Task directions:
In the entries below, which lines run from the one containing "IsTwo file = length file ≡ pos_slot * 2" to the one containing "(slot_at at file))"? Copy exactly those lines, ends included, and no others.

>>

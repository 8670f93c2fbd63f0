-- ===== src/Storage/AppliedPos/Slots.antt =====
-- The two slots of the file of src/storage/index.rs, and the bytes of a record.
use dewdb.Prelude.{
  ℕ, zero, suc, ◌+◌, ◌*◌, ◌^◌, ◌≤◌, ◌<◌, ◌≡◌, ◌⊎◌, inl, inr, refl, sym, ap, ◌∙◌, [], ◌∷◌, ◌++◌,
  Bytes, length, length-append, take, drop, arith, ◌==◌, not, if◌then◌else◌, true,
}
use mathlib.Core.List.{append_assoc}
use mathlib.Core.Path.{subst}
use dewdb.Storage.Frame.{to_le_bytes, from_le_bytes, slice}
use dewdb.Storage.Frame.Header.{from-to, fits_4, fits_8}
use dewdb.Storage.AppliedPos.{
  Slot, damaged, written, pos_slot, pos_body, pos_encode, pos_decode, write_at,
}

zero_plus : (k : ℕ) → 0 + k ≡ k
zero_plus k = omega arith

suc_plus : (n k : ℕ) → suc n + k ≡ suc (n + k)
suc_plus n k = omega arith

==-refl : (x : ℕ) → (x == x) ≡ true
==-refl x = ground arith

take-append : (n : ℕ) (xs ys : Bytes) → n ≤ length xs → take n (xs ++ ys) ≡ take n xs
take-append zero xs ys h = refl
take-append (suc n) [] ys h = ground arith
take-append (suc n) (x ∷ xs) ys h = ap (x ∷◌) (take-append n xs ys (omega arith))

take_all : (n : ℕ) (xs : Bytes) → length xs ≡ n → take n xs ≡ xs
take_all zero [] h = refl
take_all zero (x ∷ xs) h = ground arith
take_all (suc n) [] h = refl
take_all (suc n) (x ∷ xs) h = ap (x ∷◌) (take_all n xs (omega arith))

drop-append : (n : ℕ) (xs ys : Bytes) → n ≤ length xs → drop n (xs ++ ys) ≡ drop n xs ++ ys
drop-append zero xs ys h = refl
drop-append (suc n) [] ys h = ground arith
drop-append (suc n) (x ∷ xs) ys h = drop-append n xs ys (omega arith)

drop_past : (n k : ℕ) (xs ys : Bytes) → length xs ≡ n → drop (n + k) (xs ++ ys) ≡ drop k ys
drop_past zero k [] ys h = ap (λ m. drop m ys) (zero_plus k)
drop_past zero k (x ∷ xs) ys h = ground arith
drop_past (suc n) k [] ys h = ground arith
drop_past (suc n) k (x ∷ xs) ys h =
    ap (λ m. drop m (x ∷ xs ++ ys)) (suc_plus n k) ∙ drop_past n k xs ys (omega arith)

pub length-drop : (n : ℕ) (xs : Bytes) → n ≤ length xs → n + length (drop n xs) ≡ length xs
length-drop zero xs h = omega arith
length-drop (suc n) [] h = ground arith
length-drop (suc n) (x ∷ xs) h = omega (arith, length-drop n xs (omega arith))

-- Two slots, one behind the other.
write_first :
    (r s t : Bytes) → length r ≤ length s → (write_at 0 r (s ++ t) ≡ (r ++ drop (length r) s) ++ t)
unfolding write_at
write_first r s t h =
    rw (zero_plus (length r), drop-append (length r) s t h)
      (sym (append_assoc r (drop (length r) s) t))

write_second :
    (r s t : Bytes)
    → length s ≡ pos_slot
    → (write_at pos_slot r (s ++ t) ≡ s ++ (r ++ drop (length r) t))
unfolding write_at
write_second r s t h =
    rw (take-append 512 s t (omega arith), take_all 512 s h, drop_past 512 (length r) s t h)
      (append_assoc s r (drop (length r) t))

-- The file as two slots of 512 bytes.
abbrev pub IsTwo : Bytes → Type 0
IsTwo file = length file ≡ pos_slot * 2

abbrev pub slot_at : ℕ → Bytes → Bytes
slot_at at file = slice at pos_slot file

-- The two offsets, in either order.
abbrev pub IsPair : ℕ → ℕ → Type 0
IsPair at other = ((at ≡ 0) × (other ≡ pos_slot)) ⊎ ((at ≡ pos_slot) × (other ≡ 0))

take-drop : (n : ℕ) (xs : Bytes) → take n xs ++ drop n xs ≡ xs
take-drop zero xs = refl
take-drop (suc n) [] = refl
take-drop (suc n) (x ∷ xs) = ap (x ∷◌) (take-drop n xs)

slots_of :
    (s t : Bytes)
    → length s ≡ 512
    → length t ≡ 512
    → (length (s ++ t) ≡ pos_slot * 2) × (slot_at 0 (s ++ t) ≡ s) × (slot_at pos_slot (s ++ t) ≡ t)
slots_of s t h k = (
  omega (arith, length-append s t),
  take-append 512 s t (omega arith) ∙ take_all 512 s h,
  ap (take 512) (drop_past 512 0 s t h) ∙ take_all 512 t k,
)

length-overlaid : (r s : Bytes) → length r ≤ length s → length (r ++ drop (length r) s) ≡ length s
length-overlaid r s h =
    omega (arith, length-append r (drop (length r) s), length-drop (length r) s h)

-- What a write into one slot leaves: the length, the record over the old slot, the other slot.
abbrev pub IsWritten : ℕ → ℕ → Bytes → Bytes → Type 0
IsWritten at other r file =
    (length (write_at at r file) ≡ pos_slot * 2)
    × (slot_at at (write_at at r file) ≡ r ++ drop (length r) (slot_at at file))
    × (slot_at other (write_at at r file) ≡ slot_at other file)

IsWritten-first :
    (r s t : Bytes)
    → length s ≡ 512
    → length t ≡ 512
    → length r ≤ 512
    → IsWritten 0 pos_slot r (s ++ t)
IsWritten-first r s t h k le =
    rw
      (
        write_first r s t (omega arith),
        (slots_of s t h k).1,
        (slots_of s t h k).2,
        (slots_of (r ++ drop (length r) s) t (length-overlaid r s (omega arith) ∙ h) k).1,
        (slots_of (r ++ drop (length r) s) t (length-overlaid r s (omega arith) ∙ h) k).2,
      )
      (
        (slots_of (r ++ drop (length r) s) t (length-overlaid r s (omega arith) ∙ h) k).0,
        refl,
        refl,
      )

IsWritten-second :
    (r s t : Bytes)
    → length s ≡ 512
    → length t ≡ 512
    → length r ≤ 512
    → IsWritten pos_slot 0 r (s ++ t)
IsWritten-second r s t h k le =
    rw
      (
        write_second r s t h,
        (slots_of s t h k).1,
        (slots_of s t h k).2,
        (slots_of s (r ++ drop (length r) t) h (length-overlaid r t (omega arith) ∙ k)).1,
        (slots_of s (r ++ drop (length r) t) h (length-overlaid r t (omega arith) ∙ k)).2,
      )
      (
        (slots_of s (r ++ drop (length r) t) h (length-overlaid r t (omega arith) ∙ k)).0,
        refl,
        refl,
      )

length-take : (n : ℕ) (xs : Bytes) → n ≤ length xs → length (take n xs) ≡ n
length-take zero xs h = refl
length-take (suc n) [] h = ground arith
length-take (suc n) (x ∷ xs) h = omega (arith, length-take n xs (omega arith))

length-rest : (file : Bytes) → IsTwo file → length (drop 512 file) ≡ 512
length-rest file two = omega (arith, length-drop 512 file (omega arith))

pub two_slots-IsWritten :
    (at other : ℕ) (r file : Bytes)
    → IsPair at other
    → IsTwo file
    → length r ≤ 512
    → IsWritten at other r file
two_slots-IsWritten at other r file (inl (a, o)) two le =
    rw (a, o)
      (subst (λ f. IsWritten 0 pos_slot r f) (take-drop 512 file)
        (IsWritten-first r (take 512 file) (drop 512 file) (length-take 512 file (omega arith))
          (length-rest file two) le))
two_slots-IsWritten at other r file (inr (a, o)) two le =
    rw (a, o)
      (subst (λ f. IsWritten pos_slot 0 r f) (take-drop 512 file)
        (IsWritten-second r (take 512 file) (drop 512 file) (length-take 512 file (omega arith))
          (length-rest file two) le))

pub length-slot_at :
    (at other : ℕ) (file : Bytes) → IsPair at other → IsTwo file → length (slot_at at file) ≡ 512
length-slot_at at other file (inl (a, o)) two = rw a (length-take 512 file (omega arith))
length-slot_at at other file (inr (a, o)) two =
    rw a (length-take 512 (drop 512 file) (omega (arith, length-rest file two)))

-- The words that the slices of a record give.
reread : (Bytes → ℕ) → ℕ → ℕ → Slot
reread crc32 seq lsn =
    if not (crc32 (pos_body seq lsn) == from_le_bytes (to_le_bytes 4 (crc32 (pos_body seq lsn))))
    then damaged
    else written (from_le_bytes (to_le_bytes 8 seq)) (from_le_bytes (to_le_bytes 8 lsn))

pub pos_encode-length : (crc32 : Bytes → ℕ) (seq lsn : ℕ) → length (pos_encode crc32 seq lsn) ≡ 24
unfolding pos_encode
pos_encode-length crc32 seq lsn = simp length-append

is_slot :
    (crc32 : Bytes → ℕ) (seq lsn : ℕ) (rest : Bytes)
    → length rest ≡ 488
    → (length (pos_encode crc32 seq lsn ++ rest) == pos_slot) ≡ true
is_slot crc32 seq lsn rest h =
    ground
      (arith, length-append (pos_encode crc32 seq lsn) rest, pos_encode-length crc32 seq lsn, h)

decode_of_encoded :
    (crc32 : Bytes → ℕ) (seq lsn : ℕ) (rest : Bytes)
    → length rest ≡ 488
    → pos_decode crc32 (pos_encode crc32 seq lsn ++ rest) ≡ reread crc32 seq lsn
unfolding reread pos_encode pos_body to_le_bytes pos_decode from_le_bytes
decode_of_encoded crc32 seq lsn rest h = rw (is_slot crc32 seq lsn rest h) refl

pub pos_decode-encode :
    (crc32 : Bytes → ℕ) (seq lsn : ℕ) (rest : Bytes)
    → ((b : Bytes) → crc32 b < 2 ^ 32)
    → seq < 2 ^ 64
    → lsn < 2 ^ 64
    → length rest ≡ 488
    → pos_decode crc32 (pos_encode crc32 seq lsn ++ rest) ≡ written seq lsn
unfolding reread
pos_decode-encode crc32 seq lsn rest word s l h =
    rw
      (
        decode_of_encoded crc32 seq lsn rest h,
        from-to 4 (crc32 (pos_body seq lsn))
            (fits_4 (crc32 (pos_body seq lsn)) (word (pos_body seq lsn))),
        from-to 8 seq (fits_8 seq s),
        from-to 8 lsn (fits_8 lsn l),
        ==-refl (crc32 (pos_body seq lsn)),
      )
      refl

<<

Your response:
IsTwo file = length file ≡ pos_slot * 2

abbrev pub slot_at : ℕ → Bytes → Bytes
slot_at at file = slice at pos_slot file

-- The two offsets, in either order.
abbrev pub IsPair : ℕ → ℕ → Type 0
IsPair at other = ((at ≡ 0) × (other ≡ pos_slot)) ⊎ ((at ≡ pos_slot) × (other ≡ 0))

take-drop : (n : ℕ) (xs : Bytes) → take n xs ++ drop n xs ≡ xs
take-drop zero xs = refl
take-drop (suc n) [] = refl
take-drop (suc n) (x ∷ xs) = ap (x ∷◌) (take-drop n xs)

slots_of :
    (s t : Bytes)
    → length s ≡ 512
    → length t ≡ 512
    → (length (s ++ t) ≡ pos_slot * 2) × (slot_at 0 (s ++ t) ≡ s) × (slot_at pos_slot (s ++ t) ≡ t)
slots_of s t h k = (
  omega (arith, length-append s t),
  take-append 512 s t (omega arith) ∙ take_all 512 s h,
  ap (take 512) (drop_past 512 0 s t h) ∙ take_all 512 t k,
)

length-overlaid : (r s : Bytes) → length r ≤ length s → length (r ++ drop (length r) s) ≡ length s
length-overlaid r s h =
    omega (arith, length-append r (drop (length r) s), length-drop (length r) s h)

-- What a write into one slot leaves: the length, the record over the old slot, the other slot.
abbrev pub IsWritten : ℕ → ℕ → Bytes → Bytes → Type 0
IsWritten at other r file =
    (length (write_at at r file) ≡ pos_slot * 2)
    × (slot_at at (write_at at r file) ≡ r ++ drop (length r) (slot_at at file))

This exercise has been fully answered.